Your answer should consist of every line in the records that holds "stands".

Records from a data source
^^^^^^^^
-- ===== src/Memory/Appends.antt =====
-- services/memory_service.py: what the end of a write does to the chains and views.
use mathlib.Core.List.{append-nil}
use aicti.Base.{
  ℕ, suc, String, ◌==◌, ◌≡◌, refl, sym, ap, subst, ◌∙◌, eq_refl, eq_iff, true, false, Option, none,
  some, List, [], ◌∷◌, ◌++◌, keep, keep-append, first, ok, err, Result, arith, Bool-cases, inl, inr,
  ◌+◌, length, length-append,
}
use aicti.Value.{Value, Fields, get, is_text, is_finite}
use aicti.Library.{Library}
use aicti.Db.{Db, MemoryEvent, MemoryView}
use aicti.Memory.{
  MemoryError, MemoryWriteResult, value_error, operational_error, checked_hash, check_event,
  recomputed, required, get_or_null, prev_value, is_prev, latest_of,
}
use aicti.Memory.Order.{of_scope}
use aicti.Memory.Chain.{Linked, Linked-append, View, InStep, Consistent}
use aicti.Memory.Service.{
  MemoryWrite, scope_of, put_view, upsert_view, state_of, current_state, event_hash_of,
  event_payload, view_payload, append_event, hashed_payload,
}

is_prev-prev_value : (q : Option String) → is_prev q (prev_value q) ≡ true
unfolding is_prev prev_value
is_prev-prev_value none = refl
is_prev-prev_value (some hash) = eq_refl hash

module _ (library : Library) where
  -- The event that a write adds passes the tests of the replay.
  check_event-event_payload :
      (w : MemoryWrite) (version : ℕ) (q : Option String)
      → is_finite (hashed_payload w version q) ≡ true
      → check_event library q (some (event_payload library w version q))
        ≡ ok (event_hash_of library w version q)
  unfolding check_event event_payload recomputed required get_or_null get event_hash_of is_text
      hashed_payload checked_hash
  check_event-event_payload w version q finite =
      rw (is_prev-prev_value q) (rw (finite) (rw (eq_refl _) refl))

-- The view of a scope after `put_view`.
first-put_same :
    (s : String) (v : Value) (views : List MemoryView)
    → (view : MemoryView) × (first (latest_of s) (put_view s v views) ≡ some view)
      × (view.value ≡ some v)
unfolding put_view latest_of
first-put_same s v [] =
    (record { scope = s; key = "latest"; value = some v }, rw (eq_refl s) refl, refl)
first-put_same s v (view ∷ views) = elim (Bool-cases (latest_of s view)) [
  | inl e ↦ (record view { value = some v }, rw e (rw e refl), refl)
  | inr e ↦ let (found, here, same) = first-put_same s v views in (found, rw e (rw e here), same)
]

latest_other :
    (s t : String) (view : MemoryView)
    → (s == t) ≡ false
    → latest_of s view ≡ true
    → latest_of t view ≡ false
unfolding latest_of
latest_other s t view differ h =
    ground (arith, eq_iff view.scope s, eq_iff view.scope t, eq_iff s t)

latest_set :
    (s : String) (view : MemoryView) (v : Value)
    → latest_of s (record view { value = some v }) ≡ latest_of s view
unfolding latest_of
latest_set s view v = refl

different_scope :
    (s t : String) (v : Value) (key : String)
    → (s == t) ≡ false
    → latest_of t (record { scope = s; key = key; value = some v }) ≡ false
unfolding latest_of
different_scope s t v key differ = rw differ refl

first-put_other :
    (s t : String) (v : Value) (views : List MemoryView)
    → (s == t) ≡ false
    → first (latest_of t) (put_view s v views) ≡ first (latest_of t) views
unfolding put_view
first-put_other s t v [] differ = rw (different_scope s t v "latest" differ) refl
first-put_other s t v (view ∷ views) differ = elim (Bool-cases (latest_of s view)) [
  | inl e ↦ rw e (
      rw (latest_other s t view differ e) (
        rw (latest_other s t (record view { value = some v }) differ (latest_set s view v ∙ e))
          refl))
  | inr e ↦ rw e (elim (Bool-cases (latest_of t view)) [
    | inl f ↦ rw f refl
    | inr f ↦ rw f (first-put_other s t v views differ)
  ])
]

module _ (library : Library) (to_int : Value → Option Value)
    (str_text : (s : String) → library.str (Value.text s) ≡ s)
    (to_int_int : (n : ℕ) → to_int (Value.int n) ≡ some (Value.int n)) where
  pub current_state-View :
      (view : Option MemoryView) (q : Option String) (m : ℕ)
      → View view q m
      → current_state library to_int view ≡ ok (Value.int m, q)
  unfolding current_state state_of
  current_state-View none q m (none_yet, start) = rw (none_yet, start) refl
  current_state-View (some view) q m (hash, payload, last, value, version, recorded) = rw value (
      rw (version, state_of)
        (rw (to_int_int m, state_of) (rw (recorded, state_of) (rw (str_text hash, last) refl))))

err-ok :
    (e : MemoryError) (result : MemoryWriteResult)
    → ¬ (◌≡◌ {A = Result MemoryError MemoryWriteResult} (err e) (ok result))
err-ok e result h = cc

-- A consistent store whose views have the index.
abbrev pub Keyed : Library → Db → Type 0
Keyed library db = Consistent library db × (db.views_are_unique ≡ true)

-- A chain ends at the version that its length gives.
Linked-length :
    (library : Library) (p : Option String) (n : ℕ) (es : List MemoryEvent) (q : Option String)
    (m : ℕ)
    → Linked library p n es q m
    → m ≡ n + length es
Linked-length library p n [] q m (same, at) = omega (arith, at)
Linked-length library p n (e ∷ es) q m (hash, key, checked, rest) =
    omega (arith, Linked-length library (some hash) (suc n) es q m rest)

version_unique :
    (view : MemoryView) (a b : Fields) (m n : ℕ)
    → view.value ≡ some (Value.dict a)
    → view.value ≡ some (Value.dict b)
    → get "version" a ≡ some (Value.int m)
    → get "version" b ≡ some (Value.int n)
    → m ≡ n
version_unique view a b m n f g h k =
    let same : get "version" a ≡ get "version" b = ap version_of (sym f ∙ g) in
    ap number_of (sym h ∙ same ∙ k)
  where
    version_of : Option Value → Option Value
    version_of (some (Value.dict fields)) = get "version" fields
    version_of _ = none

    number_of : Option Value → ℕ
    number_of (some (Value.int n)) = n
    number_of _ = 0

View-unique :
    (view : Option MemoryView) (q p : Option String) (m n : ℕ)
    → View view q m
    → View view p n
    → m ≡ n
View-unique none q p m n (a, b) (c, d) = b ∙ sym d
View-unique (some view) q p m n (h, f, a, b, c, d) (h', f', a', b', c', d') =
    version_unique view f f' m n b b' c c'

pub one_behind :
    (library : Library) (es : List MemoryEvent) (e : MemoryEvent) (q p : Option String) (m n : ℕ)
    (view : Option MemoryView)
    → Linked library none 0 es q m
    → View view q m
    → View view p n
    → ¬ Linked library none 0 (es ++ e ∷ []) p n
one_behind library es e q p m n view linked stands stands' chain =
    let same = View-unique view q p m n stands stands' in
    let long = Linked-length library none 0 (es ++ e ∷ []) p n chain in
    let short = Linked-length library none 0 es q m linked in
    omega (arith, same, long, short, length-append es (e ∷ []))

module _ (library : Library) (uuid4 : ℕ → String) (w : MemoryWrite) (db : Db) (q : Option String)
    (m : ℕ) where
  -- The event that is appended.
  abbrev pub event_of : MemoryEvent
  event_of = record {
    id = uuid4 db.draws;
    scope = scope_of w;
    key = suc m;
    value = some (event_payload library w (suc m) q);
  }

  abbrev pub view_of : Value
  view_of = view_payload library w (suc m) (event_hash_of library w (suc m) q)

  -- What `append_event` does: the hash may raise, and so may the statement on the views.
  append_event-endless :
      is_finite (hashed_payload w (suc m) q) ≡ false
      → append_event library uuid4 w (suc m) q db ≡ (err value_error, db)
  unfolding append_event
  append_event-endless h = rw h refl

  pub append_event-refused :
      is_finite (hashed_payload w (suc m) q) ≡ true
      → db.views_are_unique ≡ false
      → append_event library uuid4 w (suc m) q db ≡ (
        err operational_error,
        record db { memory_events = db.memory_events ++ event_of ∷ []; draws = suc (suc db.draws) },
      )
  unfolding append_event upsert_view
  append_event-refused h k = rw h (rw k refl)

  pub append_event-done :
      is_finite (hashed_payload w (suc m) q) ≡ true
      → db.views_are_unique ≡ true
      → append_event library uuid4 w (suc m) q db ≡ (
        ok (record { version = suc m; event_hash = event_hash_of library w (suc m) q }),
        record db {
          memory_events = db.memory_events ++ event_of ∷ [];
          memory_views = put_view (scope_of w) view_of db.memory_views;
          draws = suc (suc db.draws);
        },
      )
  unfolding append_event upsert_view
  append_event-done h k = rw h (rw k refl)

  pub append_event-views :
      (result : MemoryWriteResult)
      → (append_event library uuid4 w (suc m) q db).0 ≡ ok result
      → (append_event library uuid4 w (suc m) q db).1.memory_views
        ≡ put_view (scope_of w) view_of db.memory_views
  append_event-views result h = elim (Bool-cases (is_finite (hashed_payload w (suc m) q))) [
    | inr endless ↦
        absurd (err-ok value_error result (ap (λ o. o.0) (sym (append_event-endless endless)) ∙ h))
    | inl finite ↦ elim (Bool-cases db.views_are_unique) [
      | inr absent ↦ absurd (
          err-ok operational_error result
            (ap (λ o. o.0) (sym (append_event-refused finite absent)) ∙ h))
      | inl unique ↦ ap (λ o. o.1.memory_views) (append_event-done finite unique)
    ]
  ]

  abbrev appended : Db
  appended = record db {
    memory_events = db.memory_events ++ event_of ∷ [];
    memory_views = put_view (scope_of w) view_of db.memory_views;
    draws = suc (suc db.draws);
  }

  appended_same :
      is_finite (hashed_payload w (suc m) q) ≡ true
      → Linked library none 0 (keep (of_scope (scope_of w)) db.memory_events) q m
      → InStep library (scope_of w) appended
  unfolding view_payload get
  appended_same finite linked =
      let scope = scope_of w in
      let hash = event_hash_of library w (suc m) q in
      let (found, here, same) = first-put_same scope view_of db.memory_views in
      let kept : keep (of_scope scope) (db.memory_events ++ event_of ∷ [])
          ≡ keep (of_scope scope) db.memory_events ++ event_of ∷ [] =
        keep-append (of_scope scope) db.memory_events (event_of ∷ []) ∙ rw (eq_refl scope) refl in
      (
        some hash,
        suc m,
        subst (λ es. Linked library none 0 es (some hash) (suc m)) (sym kept)
            (Linked-append library none 0 (keep (of_scope scope) db.memory_events) q m event_of hash
              linked refl (check_event-event_payload library w (suc m) q finite)),
        subst (λ v. View v (some hash) (suc m)) (sym here) (hash, _, refl, same, refl, refl),
      )

  appended_other :
      (t : String) → (scope_of w == t) ≡ false → InStep library t db → InStep library t appended
  appended_other t differ (p, n, linked, view) = (
    p,
    n,
    subst (λ es. Linked library none 0 es p n)
        (sym (
          keep-append (of_scope t) db.memory_events (event_of ∷ [])
          ∙ rw differ (append-nil (keep (of_scope t) db.memory_events))))
        linked,
    subst (λ v. View v p n) (sym (first-put_other (scope_of w) t _ db.memory_views differ)) view,
  )

  pub append_event-Consistent :
      Keyed library db
      → Linked library none 0 (keep (of_scope (scope_of w)) db.memory_events) q m
      → Keyed library (append_event library uuid4 w (suc m) q db).1
  append_event-Consistent (consistent, unique) linked =
      elim (Bool-cases (is_finite (hashed_payload w (suc m) q))) [
        | inr endless ↦
            subst (λ o. Keyed library o.1) (sym (append_event-endless endless)) (consistent, unique)
        | inl finite ↦
            subst (λ o. Keyed library o.1) (sym (append_event-done finite unique))
              (
                (λ t. elim (Bool-cases (scope_of w == t)) [
                  | inl e ↦
                      subst (λ s. InStep library s appended) ((eq_iff (scope_of w) t).0 e)
                        (appended_same finite linked)
                  | inr e ↦ appended_other t e (consistent t)
                ]),
                unique,
              )
      ]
^^^^^^^^
EXERCISE OUTPUT
one_behind library es e q p m n view linked stands stands' chain =
    let same = View-unique view q p m n stands stands' in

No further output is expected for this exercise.